Harder to say. First of all our final pricing decision has been made as you know, and Dan has commented just previously and it's always a balance between access scientific value utilization of the drug and price. So we'll have to balance all of those once we have a final label, and we can work that into our thoughts and certainly come up with a price. Keep in mind though that based on the DURATION series of clinical trials, we do show that BYDUREON provides value over current therapies, and that would give us some sense to maximize the value of the molecule.

Okay, thank you very much.

Thanks Ian.

Your next question comes from the line of Craig Gordon with Cowen & Co. Please proceed. Craig Gordon - Cowen & Co: Hi, good morning. Thank you for taking my questions. Just two of them, first on the obesity program, so I know you guys are saying you're hoping to finalize later this year. So is starting the trials a year-end event or is that more likely to begin in 2011?

More likely to begin in 2011 Craig. Craig Gordon - Cowen & Co: And then second on R&D and SG&A, can you just break out for us non-stock compensation for those lines?

Yes, one second, let me just get that in front of me here. It's here one second. Okay, it is for the quarter $9.3 million to SG&A and $6.2 million to R&D, $15.5 million total. Craig Gordon - Cowen & Co: Thank you very much.

Thank you.

Thank you. Appreciate it.

This concludes the question-and-answer portion of today's conference call. I will now like to turn the call back over to Dan Bradbury for any closing remarks.

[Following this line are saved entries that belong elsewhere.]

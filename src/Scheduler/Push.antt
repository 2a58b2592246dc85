-- ===== src/Scheduler/Push.antt =====
-- `task_queue_push` of src/scheduler.c against the specification of the queue.
use thread_management_librar.Base.{
  ℕ, suc, ◌<◌, ◌≡◌, ◌≢◌, refl, true, false, inl, inr, ◌||◌, none, some, List, [], ◌∷◌, ◌++◌, ◌∙◌,
  arith, ◌==◌, length, size_mod, Bool-cases, if-true, if-false, ◌⊎◌,
}
use thread_management_librar.Scheduler.Store.{
  Ptr, null, Priority, Task, Store, Signal, ◌>>=◌, write, free, signal_not_empty,
}
use thread_management_librar.Scheduler.Commands.{free-some, not_null}
use thread_management_librar.Scheduler.Queue.{
  PushCall, push_returned, push_waits, success, failure, push_finish, push_must_wait, push_loop,
  task_queue_push,
}
use thread_management_librar.Scheduler.Chain.{
  Cells, has, tasks, IsQueue, Chain-write, not_has_of_none, tasks-append, length-tasks, write_other,
}
use thread_management_librar.Scheduler.Fifo
use thread_management_librar.Scheduler.Fifo.{Fifo, is_full, Accept, accepted, refused, full}
use thread_management_librar.Scheduler.Append.{append_node_lem}

-- What a queue in memory stands for.
abbrev pub view : Store → Cells → Fifo
view s cs = record { tasks = tasks cs; capacity = s.queue.capacity; shutdown = s.queue.shutdown }

abbrev pub call_of : Accept → Ptr → PushCall
call_of accepted p = push_returned success
call_of refused p = push_returned failure
call_of full p = push_waits p

abbrev pub sent : Accept → List Signal → List Signal
sent accepted l = signal_not_empty ∷ l
sent refused l = l
sent full l = l

-- The outcome of a piece of `task_queue_push` with the node `p` for the task `t`.
pub record Pushed (s : Store) (cs : Cells) (p : Ptr) (t : Task) (out : PushCall) (s' : Store)
    : Type 0 where
  pub after : Cells
  pub result : out ≡ call_of (Fifo.push t (view s cs)).0 p
  pub agrees : view s' after ≡ (Fifo.push t (view s cs)).1
  pub valid : IsQueue s' after
  pub woke : s'.signals ≡ sent (Fifo.push t (view s cs)).0 s.signals
  pub released : (Fifo.push t (view s cs)).0 ≡ refused → s'.node p ≡ none
  pub waiting :
      (Fifo.push t (view s cs)).0 ≡ full → s'.node p ≡ some (record { task = t; next = null })
  pub untouched : (a : Ptr) → has a cs ≡ false → a ≢ p → s'.node a ≡ s.node a

module _ {s : Store} {cs : Cells} (p : Ptr) (t : Task) (q : IsQueue s cs) (ne : p ≢ null)
    (at : s.node p ≡ some (record { task = t; next = null })) (out : has p cs ≡ false)
    (room : suc (length cs) < size_mod) where
  push_refused :
      s.queue.shutdown ≡ true
      → (s' : Store) × (free p s ≡ some (tt, s')) × Pushed s cs p t (push_returned failure) s'
  push_refused down =
      let e = Fifo.push_down t (view s cs) down in
      (
        record s { node = write s.node p none },
        free-some s p ne at,
        record {
          after = cs;
          result = rw e;
          agrees = rw e;
          valid = record {
            chain = Chain-write s.node p none cs out q.chain;
            head = q.head;
            tail = q.tail;
            counted = q.counted;
            fits = q.fits;
          };
          woke = rw e;
          released = ground arith;
          waiting = rw e (λ w. cc);
          untouched = ground arith;
        },
      )

  must_wait_down : s.queue.shutdown ≡ true → push_must_wait s.queue ≡ false
  must_wait_down down = ground arith

  must_wait_up :
      s.queue.shutdown ≡ false → is_full (view s cs) ≡ true → push_must_wait s.queue ≡ true
  must_wait_up up wait = ground (arith, q.counted, length-tasks cs)

  must_not_wait : is_full (view s cs) ≡ false → push_must_wait s.queue ≡ false
  must_not_wait space = ground (arith, q.counted, length-tasks cs)

  push_full :
      s.queue.shutdown ≡ false → is_full (view s cs) ≡ true → Pushed s cs p t (push_waits p) s
  push_full up wait =
      let e = Fifo.push_up_full t (view s cs) up wait in
      record {
        after = cs;
        result = rw e;
        agrees = rw e;
        valid = q;
        woke = rw e;
        released = rw e (λ w. cc);
        waiting = λ w. at;
        untouched = λ a o n. refl;
      }

  push_accepted :
      s.queue.shutdown ≡ false
      → is_full (view s cs) ≡ false
      → (s' : Store) × (push_finish p s ≡ some (push_returned success, s'))
        × Pushed s cs p t (push_returned success) s'
  unfolding push_finish
  push_accepted up space =
      let e = Fifo.push_up t (view s cs) up space in
      let (s', ran, done) = append_node_lem s cs p t q ne at out room in
      (
        record s' { signals = signal_not_empty ∷ s'.signals },
        rw (if-false _ _ _ up, ran, ◌>>=◌),
        record {
          after = cs ++ (p, t) ∷ [];
          result = rw e;
          agrees = rw (e, done.capacity, done.shutdown, tasks-append cs ((p, t) ∷ []));
          valid = record {
            chain = done.valid.chain;
            head = done.valid.head;
            tail = done.valid.tail;
            counted = done.valid.counted;
            fits = done.valid.fits;
          };
          woke = rw (e, done.signals);
          released = rw e (λ w. cc);
          waiting = rw e (λ w. cc);
          untouched = λ a o n. done.untouched a o;
        },
      )

  -- The loop of a push, from the call or from a wake-up.
  pub push_loop-Pushed :
      (r : PushCall) × (s' : Store) × (push_loop p s ≡ some (r, s')) × Pushed s cs p t r s'
  unfolding push_loop push_finish
  push_loop-Pushed = elim (Bool-cases s.queue.shutdown) [
    | inl down ↦
        let (s', ran, done) = push_refused down in
        (
          push_returned failure,
          s',
          rw (if-false _ _ _ (must_wait_down down), if-true _ _ _ down, ran, ◌>>=◌),
          done,
        )
    | inr up ↦ elim (Bool-cases (is_full (view s cs))) [
      | inl wait ↦ (push_waits p, s, rw (if-true _ _ _ (must_wait_up up wait)), push_full up wait)
      | inr space ↦
          let (s', ran, done) = push_accepted up space in
          (push_returned success, s', rw (if-false _ _ _ (must_not_wait space)) ran, done)
    ]
  ]

-- The node that `task_queue_push` makes.
abbrev pub task_of : (func arg : Ptr) → Priority → ℕ → Task
task_of func arg priority now = record {
  func = func;
  arg = arg;
  priority = priority;
  submit_time = now;
}

-- `task_queue_push` with valid arguments and a fresh node does what the bounded queue promises:
-- before the shutdown it appends the task, or keeps its node and waits while the queue is full; after
-- it, it returns -1 and frees the node. The queue in memory stays well formed, one waiting consumer
-- is signalled exactly if a task came in, and no other node changes.
pub task_queue_push-Pushed :
    (s : Store) (cs : Cells) (queue func arg : Ptr) (priority : Priority) (fresh : Ptr) (now : ℕ)
    → IsQueue s cs
    → queue ≢ null
    → func ≢ null
    → fresh ≢ null
    → s.node fresh ≡ none
    → suc (length cs) < size_mod
    → (r : PushCall) × (s' : Store) × (task_queue_push queue func arg priority fresh now s
        ≡ some (r, s'))
      × Pushed s cs fresh (task_of func arg priority now) r s'
unfolding task_queue_push
task_queue_push-Pushed s cs queue func arg priority fresh now q nq nf ne unused room =
    elim (Bool-cases s.queue.shutdown) [
      | inl down ↦
          let (s', ran, done) = push_refused fresh t q₁ ne got out room down in
          (
            push_returned failure,
            s',
            rw (given, if-false _ _ _ (not_null _ ne), if-true _ _ _ down, ran, ◌>>=◌),
            settle (push_returned failure) s' done,
          )
      | inr up ↦
          let (r, s', ran, done) = push_loop-Pushed fresh t q₁ ne got out room in
          (
            r,
            s',
            rw (given, if-false _ _ _ (not_null _ ne), if-false _ _ _ up) ran,
            settle r s' done,
          )
    ]
  where
    t : Task
    t = task_of func arg priority now

    s₁ : Store
    s₁ = record s { node = write s.node fresh (some (record { task = t; next = null })) }

    given : (queue == null || func == null) ≡ false
    given = rw (not_null _ nq, not_null _ nf)

    got : s₁.node fresh ≡ some (record { task = t; next = null })
    got = ground arith

    out : has fresh cs ≡ false
    out = not_has_of_none s.node cs fresh q.chain unused

    q₁ : IsQueue s₁ cs
    q₁ = record {
      chain = Chain-write s.node fresh _ cs out q.chain;
      head = q.head;
      tail = q.tail;
      counted = q.counted;
      fits = q.fits;
    }

    settle : (r : PushCall) (s' : Store) → Pushed s₁ cs fresh t r s' → Pushed s cs fresh t r s'
    settle r s' done = record {
      after = done.after;
      result = done.result;
      agrees = done.agrees;
      valid = done.valid;
      woke = done.woke;
      released = done.released;
      waiting = done.waiting;
      untouched = λ a o n. done.untouched a o n ∙ write_other s.node a fresh _ n;
    }

-- With a NULL queue or function, or when `malloc` fails, it returns -1 and changes nothing.
pub task_queue_push-invalid :
    (s : Store) (queue func arg : Ptr) (priority : Priority) (fresh : Ptr) (now : ℕ)
    → (queue ≡ null) ⊎ (func ≡ null) ⊎ (fresh ≡ null)
    → task_queue_push queue func arg priority fresh now s ≡ some (push_returned failure, s)
unfolding task_queue_push
task_queue_push-invalid s queue func arg priority fresh now bad =
    elim (Bool-cases (queue == null || func == null)) [
      | inl null_arg ↦ rw (if-true _ _ _ null_arg)
      | inr given ↦
          let exhausted : (fresh == null) ≡ true = ground arith in
          rw (if-false _ _ _ given, if-true _ _ _ exhausted)
    ]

Well, as always thank you for your interest and for your questions. We have a huge opportunity here at Amylin to continue to advance our mission and discovering, developing, and commercializing medicines to improve the lives of patients, particularly those with diabetes. Additionally, I'd like to further reinforce that our leadership team and the many dedicated employees of Amylin remain focused on both building the business today, and laying the necessary foundation of success for tomorrow. If you have any additional questions please call Michael York, the head of our investor relations team after this call. Thank you.

Thank you for your participation in today's conference call. This concludes the presentation. You may now disconnect. Good day.